The researchers note this is a problem even within RAG-based systems, which are often considered more reliable than standard LLM responses because they anchor answers to specific retrieved documents. The study's controlled design — using expert-curated clinical trial abstracts as the grounding evidence — means the inconsistency cannot be attributed to the model retrieving different or poor-quality sources. The evidence was fixed. Only the question changed.
Eight Models Tested, Systemic Weakness Found
The study evaluated eight LLMs, though the abstract does not name specific models. All showed susceptibility to framing effects to varying degrees, suggesting this is a systemic characteristic of current language model architectures rather than a flaw isolated to one product or provider.
The dataset of 6,614 query pairs was grounded in clinical trial abstracts — a rigorous and clinically relevant evidence base. The scale of the evaluation strengthens the generalisability of the findings across different medical topics and question types.

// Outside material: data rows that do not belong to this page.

-- ===== src/Goods/Card.antt =====
-- provena-web/src/components/product-card.tsx.
use provena.Base.{
  ℕ, String, Bool, true, false, not, Option, none, some, List, [], ◌∷◌, ◌++◌, ltb, if◌then◌else◌,
  ◌<>◌,
}
use provena.Types.Catalogue.{Product, ProductVariant}
use provena.Markup.{Part, text, number, link, button, when}
use provena.Goods.{first, with_text, or_blank, or_other, stars, pounds}

-- What the language makes of a number that is written as a text: `Math.round(x)`, `x.toFixed(1)`, and
-- `parseFloat(x).toFixed(0)`.
pub record Numbers : Type 0 where
  pub round : String → ℕ
  pub one_digit : String → String
  pub no_digits : String → String

-- The state of a card. It starts from whether the product is in the wishlist when the card appears.
pub record Card : Type 0 where
  pub added : Bool
  pub wishlisted : Bool

unfoldable pub appears : Bool → Card
appears in_wishlist = record { added = false; wishlisted = in_wishlist }

-- The handlers, with the variant that the page is told of; `timed_out` is the timer's end.
unfoldable pub add : Card → Option ProductVariant → Card × Option String
add c none = (c, none)
add c (some variant) = if c.added then (c, none) else (record c { added = true }, some variant.id)

unfoldable pub handle_add : Product → Card → Card × Option String
unfolding add
handle_add product c = add c (first product.variants)

unfoldable pub timed_out : Card → Card
timed_out c = record c { added = false }

unfoldable pub toggle : Card → Option ProductVariant → Card × Option String
toggle c none = (c, none)
toggle c (some variant) = (record c { wishlisted = not c.wishlisted }, some variant.id)

-- A product without variants has no card, so there is nothing to click on.
unfoldable pub handle_wishlist : Product → Card → Card × Option String
unfolding toggle
handle_wishlist product c = toggle c (first product.variants)

-- The stars of a product that has reviews. An average of ratings from one to five rounds to at most
-- five.
unfoldable pub rating_parts : Numbers → Option String → ℕ → List Part
unfolding stars
rating_parts n none review_count = []
rating_parts n (some average) review_count =
    when (ltb 0 review_count)
      (text (stars (n.round average)) ∷ text (n.one_digit average) ∷ number review_count ∷ [])

-- The card of a product with its first variant.
unfoldable pub card_parts : Numbers → Product → ProductVariant → Card → List Part
unfolding rating_parts
card_parts n product variant c =
    text (or_blank (or_other product.category_name product.category_slug))
      ∷ button (if c.wishlisted then "Remove from wishlist" else "Save to wishlist") false
      ∷ when variant.on_sale
          (with_text variant.discount_percent (λ d. text (n.no_digits d <> "% off") ∷ []))
    ++ text product.supplier_name
      ∷ link ("/catalogue/" <> product.slug) product.name
      ∷ text variant.name
      ∷ rating_parts n product.average_rating product.review_count
    ++ pounds variant.price ∷ with_text variant.compare_at_price (λ p. pounds p ∷ [])
    ++ button (if c.added then "Added ✓" else "Add to cart") false ∷ []

view_of : Numbers → Product → Card → Option ProductVariant → List Part
unfolding card_parts
view_of n product c none = []
view_of n product c (some variant) = card_parts n product variant c

unfoldable pub card_view : Numbers → Product → Card → List Part
unfolding view_of
card_view n product c = view_of n product c (first product.variants)
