-- ===== src/Browse/View.antt =====
-- What the catalogue's page of provena-web/src/app/catalogue/_client.tsx shows, with
-- provena-web/src/components/category-tabs.tsx and supplier-section.tsx.
use provena.Base.{
  ℕ, String, Bool, false, ◌||◌, not, Option, none, some, List, [], ◌∷◌, ◌++◌, ◌<>◌, ◌==◌, string_eq,
  nat_eq, is_blank, is_empty, any, length, if◌then◌else◌,
}
use provena.Types.Catalogue.{Product, ProductVariant, Category, category}
use provena.Cart.{Group}
use provena.Goods.{first}
use provena.Goods.Card.{Numbers, Card, card_view}
use provena.Markup.{Part, text, number, link, button, field, when}
use provena.Browse.{
  BrowsePage, best_match, price_asc, price_desc, sort_label, all_category, Amounts, Sort, filtered,
  grouped,
}

unfoldable pub tab_of : Category → Part
tab_of (category id name slug description image_url parent_slug children position is_active n) =
    button name false

unfoldable pub category_tabs : List Category → List Part
unfolding tab_of
category_tabs [] = []
category_tabs (cat ∷ categories) = tab_of cat ∷ category_tabs categories

-- `variantId ? wishlist.has(variantId) : false`, with which a card appears.
has_first : List String → Option ProductVariant → Bool
has_first wishlist none = false
has_first wishlist (some variant) =
    if is_blank variant.id then false else any (λ v. v == variant.id) wishlist

unfoldable pub in_wishlist : List String → Product → Bool
unfolding has_first
in_wishlist wishlist product = has_first wishlist (first product.variants)

-- The cards of a section have states of their own, `cards`.
unfoldable pub cards_view : Numbers → (Product → Card) → List Product → List Part
cards_view n cards [] = []
cards_view n cards (product ∷ products) =
    card_view n product (cards product) ++ cards_view n cards products

unfoldable pub supplier_section : Numbers → (Product → Card) → Group Product → List Part
unfolding cards_view
supplier_section n cards g =
    link ("/suppliers/" <> g.supplier_slug) g.supplier_name
    ∷ link ("/suppliers/" <> g.supplier_slug) "View all"
    ∷ cards_view n cards g.products

unfoldable pub sections_view : Numbers → (Product → Card) → List (Group Product) → List Part
unfolding supplier_section
sections_view n cards [] = []
sections_view n cards (g ∷ groups) = supplier_section n cards g ++ sections_view n cards groups

unfoldable pub search_bar : BrowsePage → List Part
search_bar p =
    field "Search products, categories…" p.search
    ∷ when (not (is_blank p.search)) (button "Clear search" false ∷ [])

-- `minPrice || maxPrice`
abbrev pub has_prices : BrowsePage → Bool
has_prices p = not (is_blank p.min_price) || not (is_blank p.max_price)

unfoldable pub filter_panel : BrowsePage → List Part
filter_panel p = when p.filter_open (
    text "Price range"
    ∷ text "£"
    ∷ field "Min" p.min_price
    ∷ text "to"
    ∷ text "£"
    ∷ field "Max" p.max_price
    ∷ when (has_prices p) (button "Clear" false ∷ []))

unfoldable pub sort_menu : BrowsePage → List Part
sort_menu p =
    button ("Sort: " <> sort_label p.sort) false
    ∷ when p.sort_open (
        button (sort_label best_match) false
        ∷ button (sort_label price_asc) false
        ∷ button (sort_label price_desc) false
        ∷ [])

unfoldable pub head_parts : ℕ → BrowsePage → List Part
unfolding sort_menu
head_parts count p =
    number count
      ∷ text (if count == 1 then "product" else "products")
      ∷ when (not (is_blank p.debounced_search)) (text ("for “" <> p.debounced_search <> "”") ∷ [])
    ++ sort_menu p
    ++ button "Filter" false ∷ when (has_prices p) (text "•" ∷ [])

unfoldable pub results_view :
    Numbers → (Product → Card) → Bool → List (Group Product) → BrowsePage → List Part
unfolding sections_view
results_view n cards loading groups p =
    if loading
    then text "Loading…" ∷ text "Fetching products from the catalogue." ∷ []
    else if is_empty groups
    then text "No results found."
      ∷ text (
          if is_blank p.debounced_search
          then "Try a different category or clear your filters."
          else "No products match “" <> p.debounced_search <> "”. Try a different term.")
      ∷ []
    else sections_view n cards groups

-- The page, between the navigation and the drawer, for the products of its last answer.
unfoldable pub browse_view :
    Amounts
    → Sort
    → Numbers
    → (Product → Card)
    → Bool
    → List Category
    → List Product
    → BrowsePage
    → List Part
unfolding category_tabs search_bar filter_panel head_parts results_view
browse_view a sort n cards loading categories products p =
    category_tabs (all_category ∷ categories)
    ++ search_bar p
    ++ filter_panel p
    ++ head_parts (length (filtered a sort products p.sort)) p
    ++ results_view n cards loading (grouped a sort products p.sort) p
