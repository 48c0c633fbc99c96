-- ===== src/Cart/Quantities.antt =====
-- The visitor's cart of provena-web/src/app/catalogue/_client.tsx as a finite map, and its invariant.
use provena.Base.{
  ℕ, zero, suc, ◌+◌, ◌<◌, String, false, Option, none, some, List, [], ◌∷◌, ◌≡◌, ◌≢◌, refl, arith,
  ◌==◌, string_eq, eq_iff, All, if◌then◌else◌, if_cases, ℤ, pos, negsuc,
}
use provena.Cart.{
  LocalCart, get, set, delete, Page, handle_add_to_cart, handle_update_quantity,
  handle_remove_from_cart, cart_count, or_zero,
}

abbrev pub Absent : String → LocalCart → Type 0
Absent key cart = All (λ e. e.0 ≢ key) cart

-- Each variant has one entry, and no entry is for nothing.
abbrev pub IsCart : LocalCart → Type 0
IsCart [] = Unit
IsCart (e ∷ entries) = (0 < e.1) × Absent e.0 entries × IsCart entries

set-Absent :
    (key k : String) (q : ℕ) (cart : LocalCart)
    → k ≢ key
    → Absent key cart
    → Absent key (set k q cart)
unfolding set
set-Absent key k q [] ne h = (ne, tt)
set-Absent key k q ((j, q') ∷ entries) ne (a, h) =
    if_cases (Absent key) (j == k) (λ _. (a, h)) (λ _. (a, set-Absent key k q entries ne h))

delete-Absent : (key k : String) (cart : LocalCart) → Absent key cart → Absent key (delete k cart)
unfolding delete
delete-Absent key k [] h = tt
delete-Absent key k ((j, q) ∷ entries) (a, h) =
    if_cases (Absent key) (j == k) (λ _. delete-Absent key k entries h)
      (λ _. (a, delete-Absent key k entries h))

set-IsCart :
    (key : String) (q : ℕ) (cart : LocalCart) → 0 < q → IsCart cart → IsCart (set key q cart)
unfolding set
set-IsCart key q [] above h = (above, tt, tt)
set-IsCart key q ((k, q') ∷ entries) above (p, a, h) =
    if_cases IsCart (k == key) (λ _. (above, a, h))
      (λ differ. (
        p,
        set-Absent k key q entries (ground (arith, eq_iff k key)) a,
        set-IsCart key q entries above h,
      ))

delete-IsCart : (key : String) (cart : LocalCart) → IsCart cart → IsCart (delete key cart)
unfolding delete
delete-IsCart key [] h = tt
delete-IsCart key ((k, q) ∷ entries) (p, a, h) =
    if_cases IsCart (k == key) (λ _. delete-IsCart key entries h)
      (λ _. (p, delete-Absent k key entries a, delete-IsCart key entries h))

-- The map's laws: what is read after a write or a removal.
get-set :
    (key k : String) (q : ℕ) (cart : LocalCart)
    → get k (set key q cart) ≡ (if key == k then some q else get k cart)
unfolding get set
get-set key k q [] = refl
get-set key k q ((j, q') ∷ entries) =
    ground (arith, eq_iff key k, eq_iff j k, eq_iff j key, get-set key k q entries)

get-delete :
    (key k : String) (cart : LocalCart)
    → get k (delete key cart) ≡ (if key == k then none else get k cart)
unfolding get delete
get-delete key k [] = ground arith
get-delete key k ((j, q) ∷ entries) =
    ground (arith, eq_iff key k, eq_iff j k, eq_iff j key, get-delete key k entries)

count-set :
    (key : String) (q : ℕ) (cart : LocalCart)
    → cart_count (set key q cart) + or_zero (get key cart) ≡ cart_count cart + q
unfolding cart_count set get
count-set key q [] = omega arith
count-set key q ((j, q') ∷ entries) = ground (arith, count-set key q entries)

-- What a visitor can do with the cart.
pub data Event : Type 0 where
  adds : (variant_id : String) → Event
  updates : (item_id : String) (quantity : ℤ) → Event
  removes : (item_id : String) → Event

unfoldable pub handle : Event → Page → Page
handle (adds variant_id) p = handle_add_to_cart variant_id p
handle (updates item_id quantity) p = handle_update_quantity item_id quantity p
handle (removes item_id) p = handle_remove_from_cart item_id p

abbrev pub if_positive : ℤ → Option ℕ
if_positive (pos zero) = none
if_positive (negsuc n) = none
if_positive (pos (suc n)) = some (suc n)

-- The quantity of a variant after an event.
abbrev pub expected : Event → String → Option ℕ → Option ℕ
expected (adds variant_id) k before = if variant_id == k then some (or_zero before + 1) else before
expected (updates item_id quantity) k before = if item_id == k then if_positive quantity else before
expected (removes item_id) k before = if item_id == k then none else before

-- For a visitor who is not signed in each event changes the quantity of its own variant as asked,
-- where a quantity of zero or less removes it, changes no other variant, and sends no request.
pub get-handle :
    (ev : Event) (k : String) (p : Page)
    → p.user ≡ false
    → (get k (handle ev p).local_cart ≡ expected ev k (get k p.local_cart))
      × ((handle ev p).mutations ≡ p.mutations)
unfolding handle handle_add_to_cart handle_update_quantity handle_remove_from_cart
get-handle (adds id) k p anonymous =
    ground (arith, get-set id k (or_zero (get id p.local_cart) + 1) p.local_cart, eq_iff id k)
get-handle (updates id (pos zero)) k p anonymous = ground (arith, get-delete id k p.local_cart)
get-handle (updates id (negsuc n)) k p anonymous = ground (arith, get-delete id k p.local_cart)
get-handle (updates id (pos (suc n))) k p anonymous =
    ground (arith, get-set id k (suc n) p.local_cart)
get-handle (removes id) k p anonymous = ground (arith, get-delete id k p.local_cart)

handle-IsCart : (ev : Event) (p : Page) → IsCart p.local_cart → IsCart (handle ev p).local_cart
unfolding handle handle_add_to_cart handle_update_quantity handle_remove_from_cart
handle-IsCart (adds id) p h =
    if_cases (λ (q : Page). IsCart q.local_cart) p.user (λ _. h)
      (λ _. set-IsCart id (or_zero (get id p.local_cart) + 1) p.local_cart (omega arith) h)
handle-IsCart (updates id (pos zero)) p h =
    if_cases (λ (q : Page). IsCart q.local_cart) p.user (λ _. h)
      (λ _. delete-IsCart id p.local_cart h)
handle-IsCart (updates id (negsuc n)) p h =
    if_cases (λ (q : Page). IsCart q.local_cart) p.user (λ _. h)
      (λ _. delete-IsCart id p.local_cart h)
handle-IsCart (updates id (pos (suc n))) p h =
    if_cases (λ (q : Page). IsCart q.local_cart) p.user (λ _. h)
      (λ _. set-IsCart id (suc n) p.local_cart (omega arith) h)
handle-IsCart (removes id) p h =
    if_cases (λ (q : Page). IsCart q.local_cart) p.user (λ _. h)
      (λ _. delete-IsCart id p.local_cart h)

unfoldable pub run : List Event → Page → Page
run [] p = p
run (ev ∷ evs) p = run evs (handle ev p)

-- After any history of events the visitor's cart has one entry for each variant at most, and every
-- entry is for at least one unit.
pub run-IsCart : (evs : List Event) (p : Page) → IsCart p.local_cart → IsCart (run evs p).local_cart
unfolding run
run-IsCart [] p h = h
run-IsCart (ev ∷ evs) p h = run-IsCart evs (handle ev p) (handle-IsCart ev p h)

-- Adding a variant raises the count that the page shows by one.
pub count-add :
    (id : String) (p : Page)
    → p.user ≡ false
    → cart_count (handle_add_to_cart id p).local_cart ≡ cart_count p.local_cart + 1
unfolding handle_add_to_cart
count-add id p anonymous =
    ground (arith, count-set id (or_zero (get id p.local_cart) + 1) p.local_cart)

The authors frame phrasing robustness as an underappreciated evaluation criterion for medical AI systems. Most benchmarks for medical LLMs assess accuracy — whether the model gives the right answer to a well-formed question. Far fewer assess consistency — whether the model gives the same answer regardless of how the question is posed. This study argues the latter matters just as much, particularly in high-stakes settings.
What the Medical AI Industry Needs to Do Next
The study points toward a gap in how medical AI systems are currently validated before deployment. Developers and regulators typically assess whether a model can answer medical questions correctly. This research suggests an additional standard is needed: whether a model answers consistently across the range of ways real patients might phrase the same concern.
Patients do not arrive at AI health tools with perfectly neutral, objectively framed questions. They arrive worried, hopeful, confused, or already leaning toward a conclusion. A system that reflects those leanings back at them — rather than grounding its responses in evidence regardless of framing — is not functioning as a reliable health information source.
The multi-turn finding is especially relevant given the current commercial push toward conversational AI health assistants, where extended dialogue is a feature, not a bug. If each additional exchange increases the risk of a model contradicting its earlier evidence-based position, that conversational depth becomes a liability in medical contexts.
What This Means
Developers and evaluators of AI medical tools need to add phrasing robustness as a standard benchmark criterion — a model that gives contradictory answers based on question framing cannot be considered suitable for patient-facing health applications.